Y por aquí seguían. Medina era implacable; no carecía de autoridad para dirigir aquella campaña satírica, porque su casa era el templo de la exactitud financiera, y en ella no se conocía la farsa. Torres, que en su afán de criticar no perdonaba ni a su mejor amigo, me decía una noche, solos él y yo: «No crea usted; Cristóbal tiene motivos para saber cómo andan las cajas de la Grandeza. Las mermas de aquellas casas son los crecimientos de esta. Figúrese usted que Cristóbal tiene una pajita en la boca, el otro extremo cae en la contaduría de Pepito Trastamara. Cristóbal hace así... aliquis chupatur, y se va tragando todo».
Después sacó del bolsillo del faldón de su levita un folleto, y hojeándolo añadió:
«Esta es la Memoria del Banco, con la lista de los accionistas que tienen voto en el Consejo. Mire usted a Cristóbal Medina figurando aquí con 1.250 acciones, cuando en la lista del año pasado no tenía más que 650.
III
[editar]«¿Qué te enseñaba Torres? -me preguntó María Juana un momento después.

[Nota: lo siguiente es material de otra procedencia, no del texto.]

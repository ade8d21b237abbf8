-- ===== src/Shared/Codec/Choice.antt =====
-- `select_codec` of shared/src/codec.rs against the order of preference.
use webshooter.Base.{◌≡◌, ◌≤◌, Bool, true, List, arith, any}
use webshooter.Shared.Codec.{Codec, to_byte, eq, select_codec}

-- The client says that it can decode `c`.
abbrev pub supports : List Codec → Codec → Bool
supports client_decoders c = any (λ d. eq d c) client_decoders

-- If the client supports anything at all, the codec chosen is one that it supports, and none that
-- it supports stands before it in the order of preference.
pub select_codec_best :
    (client_decoders : List Codec) (c : Codec)
    → supports client_decoders c ≡ true
    → (supports client_decoders (select_codec client_decoders) ≡ true)
      × (to_byte (select_codec client_decoders) ≤ to_byte c)
unfolding select_codec to_byte
select_codec_best client_decoders c h = ground arith
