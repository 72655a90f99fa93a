-- ===== src/Postgres/Results/Atomic.antt =====
-- `PostgresJobRepository::store_results`, whatever becomes of its statements.
use mathlib.Core.List.{append_assoc, append-nil}
use ai_agent_boilerplate.Prelude.{
  ◌≡◌, ap, ◌∙◌, inl, inr, List, [], ◌∷◌, ◌++◌, map, ◌==◌, Bool-cases,
}
use ai_agent_boilerplate.Exec.{ok, Result-cases, ◌>>◌}
use ai_agent_boilerplate.Domain.{Uuid}
use ai_agent_boilerplate.Domain.SearchResult.{SearchResult}
use ai_agent_boilerplate.Postgres.Tables.{Tables, ResultRow, delete_where}
use ai_agent_boilerplate.Postgres.Server.{Server, Database, execute}
use ai_agent_boilerplate.Postgres.Server.Laws.{execute_ok, write_ok, IsAtomic, transaction-IsAtomic}
use ai_agent_boilerplate.Postgres.Results.{
  result_row, has_job, wiped, insert_result, insert_results, delete_results, store_results,
}

module _ (server : Server) (job_id : Uuid) where
  abbrev with_results : List SearchResult → Tables → Tables
  with_results results t = record t {
    search_results = t.search_results ++ map (result_row server job_id) results;
  }

  -- The tables in which the results of the job are these and no other.
  abbrev pub replaced : List SearchResult → Tables → Tables
  replaced results t = record t {
    search_results =
        delete_where (λ (r : ResultRow). r.job_id == job_id) t.search_results
        ++ map (result_row server job_id) results;
  }

  insert_result_ok :
      (r : SearchResult) (t t' : Tables)
      → insert_result server job_id r t ≡ ok (tt, t')
      → t' ≡ with_results (r ∷ []) t
  insert_result_ok r t t' h = elim (Bool-cases (has_job job_id t)) [
    | inl stored ↦ cc (rw stored at h)
    | inr unknown ↦ cc (rw unknown at h)
  ]

  with_results_cons :
      (r : SearchResult) (rs : List SearchResult) (t : Tables)
      → with_results rs (with_results (r ∷ []) t) ≡ with_results (r ∷ rs) t
  with_results_cons r rs t = rw append_assoc

  insert_results_ok :
      (rs : List SearchResult) (db : Database)
      → (insert_results server job_id rs db).0 ≡ ok tt
      → (insert_results server job_id rs db).1.tables ≡ with_results rs db.tables
  unfolding insert_results
  insert_results_ok [] db h = rw append-nil
  insert_results_ok (r ∷ rs) db h =
      let st = insert_result server job_id r in
      elim (Result-cases (execute st db).0) [
        | inl (u, e) ↦
            let stored =
              insert_result_ok r db.tables (execute st db).1.tables (execute_ok st db u e) in
            rw e (
              insert_results_ok rs (execute st db).1 (rw e at h)
              ∙ ap (with_results rs) stored
              ∙ with_results_cons r rs db.tables)
        | inr (m, e) ↦ cc (rw e at h)
      ]

  replace_ok :
      (results : List SearchResult) (t : Tables) (d : Database) (a : Unit {0})
      → d.tables ≡ t
      → ((execute (delete_results job_id) >> insert_results server job_id results) d).0 ≡ ok a
      → ((execute (delete_results job_id) >> insert_results server job_id results) d).1.tables
        ≡ replaced results t
  replace_ok results t d a same h =
      let st = delete_results job_id in
      elim (Result-cases (execute st d).0) [
        | inl (u, e) ↦ rw e (
            insert_results_ok results (execute st d).1 (rw e at h)
            ∙ ap (with_results results) (write_ok (wiped job_id) d u e)
            ∙ ap (replaced results) same)
        | inr (m, e) ↦ cc (rw e at h)
      ]

  -- Whatever becomes of its statements, a delivery of results leaves the tables as they were or
  -- with exactly these results for the job and all else as it was, and the latter where it
  -- reports success.
  pub store_results-IsAtomic :
      (results : List SearchResult) (db : Database)
      → IsAtomic db.tables (replaced results db.tables) (store_results server job_id results db)
  unfolding store_results
  store_results-IsAtomic results db =
      transaction-IsAtomic _ db (replaced results db.tables) (replace_ok results db.tables)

-La lista de accionistas del Banco, en la cual figuras con mil...
-Mil doscientas cincuenta, si no lo llevas a mal. Nosotros sólo gastamos la tercera parte de nuestra renta. Mírate en este espejo y compara.

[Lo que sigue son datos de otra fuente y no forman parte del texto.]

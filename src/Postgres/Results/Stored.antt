-- ===== src/Postgres/Results/Stored.antt =====
-- `PostgresJobRepository::store_results` and a `results_for` after it.
use mathlib.Core.List.{Perm}
use mathlib.Core.List.Perm
use ai_agent_boilerplate.Prelude.{
  ◌≡◌, refl, sym, ap, ◌∙◌, Bool, true, false, List, [], ◌∷◌, ◌++◌, map, arith, ◌==◌, filter,
}
use ai_agent_boilerplate.Postgres.Server.Scans.{IsScan, reordered}
use ai_agent_boilerplate.Exec.{ok}
use ai_agent_boilerplate.Sort.{sort_by}
use ai_agent_boilerplate.Sort.Laws.{sort_by-map, sort_by-perm, IsSorted, sort_by-IsSorted}
use ai_agent_boilerplate.Domain.{Uuid}
use ai_agent_boilerplate.Domain.SearchResult.{SearchResult, newest_first}
use ai_agent_boilerplate.Postgres.Tables.{ResultRow, delete_where}
use ai_agent_boilerplate.Postgres.Columns.{confidence-from-to, event_type-from-to}
use ai_agent_boilerplate.Postgres.Tokens.{map_time}
use ai_agent_boilerplate.Postgres.Jobs.{collect}
use ai_agent_boilerplate.Postgres.Server.{Server, Database, execute}
use ai_agent_boilerplate.Postgres.Results.{
  result_row, result_from_row, newest_result_first, results_for, store_results,
}
use ai_agent_boilerplate.Postgres.Results.Atomic.{store_results-IsAtomic}

module _ (server : Server) (job_id : Uuid) where
  -- The result with its date as the server keeps it.
  abbrev pub stamped : SearchResult → SearchResult
  stamped r = record r { published_at = map_time server.timestamp r.published_at }

  result_from-row :
      (r : SearchResult) → result_from_row (result_row server job_id r) ≡ ok (stamped r)
  unfolding result_from_row
  result_from-row r =
      rw (confidence-from-to r.date_confidence) (rw (event_type-from-to r.event_type))

  collect-map :
      (rs : List SearchResult)
      → collect result_from_row (map (result_row server job_id) rs) ≡ ok (map stamped rs)
  unfolding collect
  collect-map [] = refl
  collect-map (r ∷ rs) = rw (result_from-row r) (rw (collect-map rs))

  filter-delete :
      (rows new : List ResultRow)
      → filter (λ r. r.job_id == job_id) (delete_where (λ r. r.job_id == job_id) rows ++ new)
        ≡ filter (λ r. r.job_id == job_id) new
  unfolding delete_where
  filter-delete [] new = refl
  filter-delete (r ∷ rows) new = ground (arith, filter-delete rows new)

  filter-own :
      (rs : List SearchResult)
      → filter (λ r. r.job_id == job_id) (map (result_row server job_id) rs)
        ≡ map (result_row server job_id) rs
  filter-own [] = refl
  filter-own (r ∷ rs) = ground (arith, filter-own rs)

  abbrev inherited : SearchResult → SearchResult → Bool
  inherited a b = newest_result_first (result_row server job_id a) (result_row server job_id b)

  newest_total : (a b : SearchResult) → newest_first a b ≡ false → newest_first b a ≡ true
  unfolding newest_first
  newest_total a b h = ground arith

  newest_transitive :
      (a b c : SearchResult)
      → newest_first a b ≡ true
      → newest_first b c ≡ true
      → newest_first a c ≡ true
  unfolding newest_first
  newest_transitive a b c h k = ground arith

  -- Rows of results, sorted and decoded, are the results, sorted.
  collect-sorted :
      (rs : List SearchResult)
      → collect result_from_row (sort_by newest_result_first (map (result_row server job_id) rs))
        ≡ ok (sort_by newest_first (map stamped rs))
  unfolding newest_first
  collect-sorted rs =
      ap (collect result_from_row) (sort_by-map newest_result_first (result_row server job_id) rs)
      ∙ collect-map (sort_by inherited rs)
      ∙ ap ok (sym (sort_by-map newest_first stamped rs))

  -- The rows that the job has after a delivery.
  own_rows :
      (results : List SearchResult) (db : Database)
      → (store_results server job_id results db).0 ≡ ok tt
      → filter
          (λ r. r.job_id == job_id)
          (store_results server job_id results db).1.tables.search_results
        ≡ map (result_row server job_id) results
  own_rows results db stored =
      ap (λ t. filter (λ r. r.job_id == job_id) t.search_results)
        ((store_results-IsAtomic server job_id results db).1 tt stored)
      ∙ filter-delete db.tables.search_results (map (result_row server job_id) results)
      ∙ filter-own results

  -- Where a delivery of results succeeds and the statements after it are answered, reading the
  -- job's results, in whatever order the query meets their rows, gives exactly those delivered,
  -- with their dates as the server keeps them, newest first and undated last.
  pub store-results_for :
      (results : List SearchResult) (db : Database)
      → IsScan server
      → (store_results server job_id results db).0 ≡ ok tt
      → (store_results server job_id results db).1.answers ≡ []
      → (rs : List SearchResult) × ((results_for server job_id
            (store_results server job_id results db).1).0
          ≡ ok rs)
        × Perm rs (map stamped results)
        × IsSorted newest_first rs
  unfolding results_for execute
  store-results_for results db scans stored quiet =
      let after = (store_results server job_id results db).1 in
      let met =
        reordered (result_row server job_id) results
          (scans ResultRow after.tables
            (filter (λ r. r.job_id == job_id) after.tables.search_results))
          (own_rows results db stored) in
      (
        sort_by newest_first (map stamped met.0),
        rw quiet (
            ap (λ rows. collect result_from_row (sort_by newest_result_first rows)) met.1
            ∙ collect-sorted met.0),
        Perm.trans (sort_by-perm newest_first (map stamped met.0)) (Perm.map stamped met.2),
        sort_by-IsSorted newest_first newest_total newest_transitive (map stamped met.0),
      )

Me lo dijo con gracia. En efecto, yo me miraba en el espejo y comparaba, no pudiendo menos de señalar, en mi interior, a tal casa y familia como dignas de imitación. María Juana tenía un vestido oscuro, con preciosísima delantera de tela brochada, de un tono de oro viejo; el cuerpo admirablemente ajustado y ostentando encajes de valor. Estaba en realidad muy elegante, y nada tenían que envidiarle las de aquel otro mundo matritense tan cruelmente flagelado por Medina. En su persona sabía María Juana convertir en letra muerta las teorías del castellano viejo preconizadas por su marido. Muy santo y muy bueno que el portero no se rapara las barbas; que se conservasen en las comidas ciertos platos de saborete español, llegando el amor de lo castizo hasta servir de vez en cuando el cabrito asado a la Granullaque de Toledo; muy santo y muy bueno que se hiciese una religión del pago de las cuentas, que en el Teatro Real no bajasen nunca de los palcos principales a los entresuelos, que no hubiera en la casa boato estúpido, ni se diera de comer a troche y moche a tanto y tanto hambrón; muy santo y muy bueno que no pusiera allí los pies Pepito Trastamara, y que se evitase por todos los medios que la casa se pareciese, ni aun remotamente, a otras donde con mucho bombo, mucho platillo y mucho de high-life, quejábanse los criados de que los mataban de hambre; muy santo y muy bueno todo esto; pero ella, la señora de la casa, se vestiría siempre a la última, y del modo más rico y elegante, viniera o no de extranjis la moda, y trajera o no entre sus pliegues el pecado de la farsa y de las mariconadas francesas.
Nada más injusto que el dictado de ordinaria de Medina que la de San Salomó continuaba aplicándole. Verdad que mi prima se desquitaba muy bien y no tomaba en su boca a la maliciosa marquesa sin ponerla buena. Cuando la soltaba, no había por dónde cogerla.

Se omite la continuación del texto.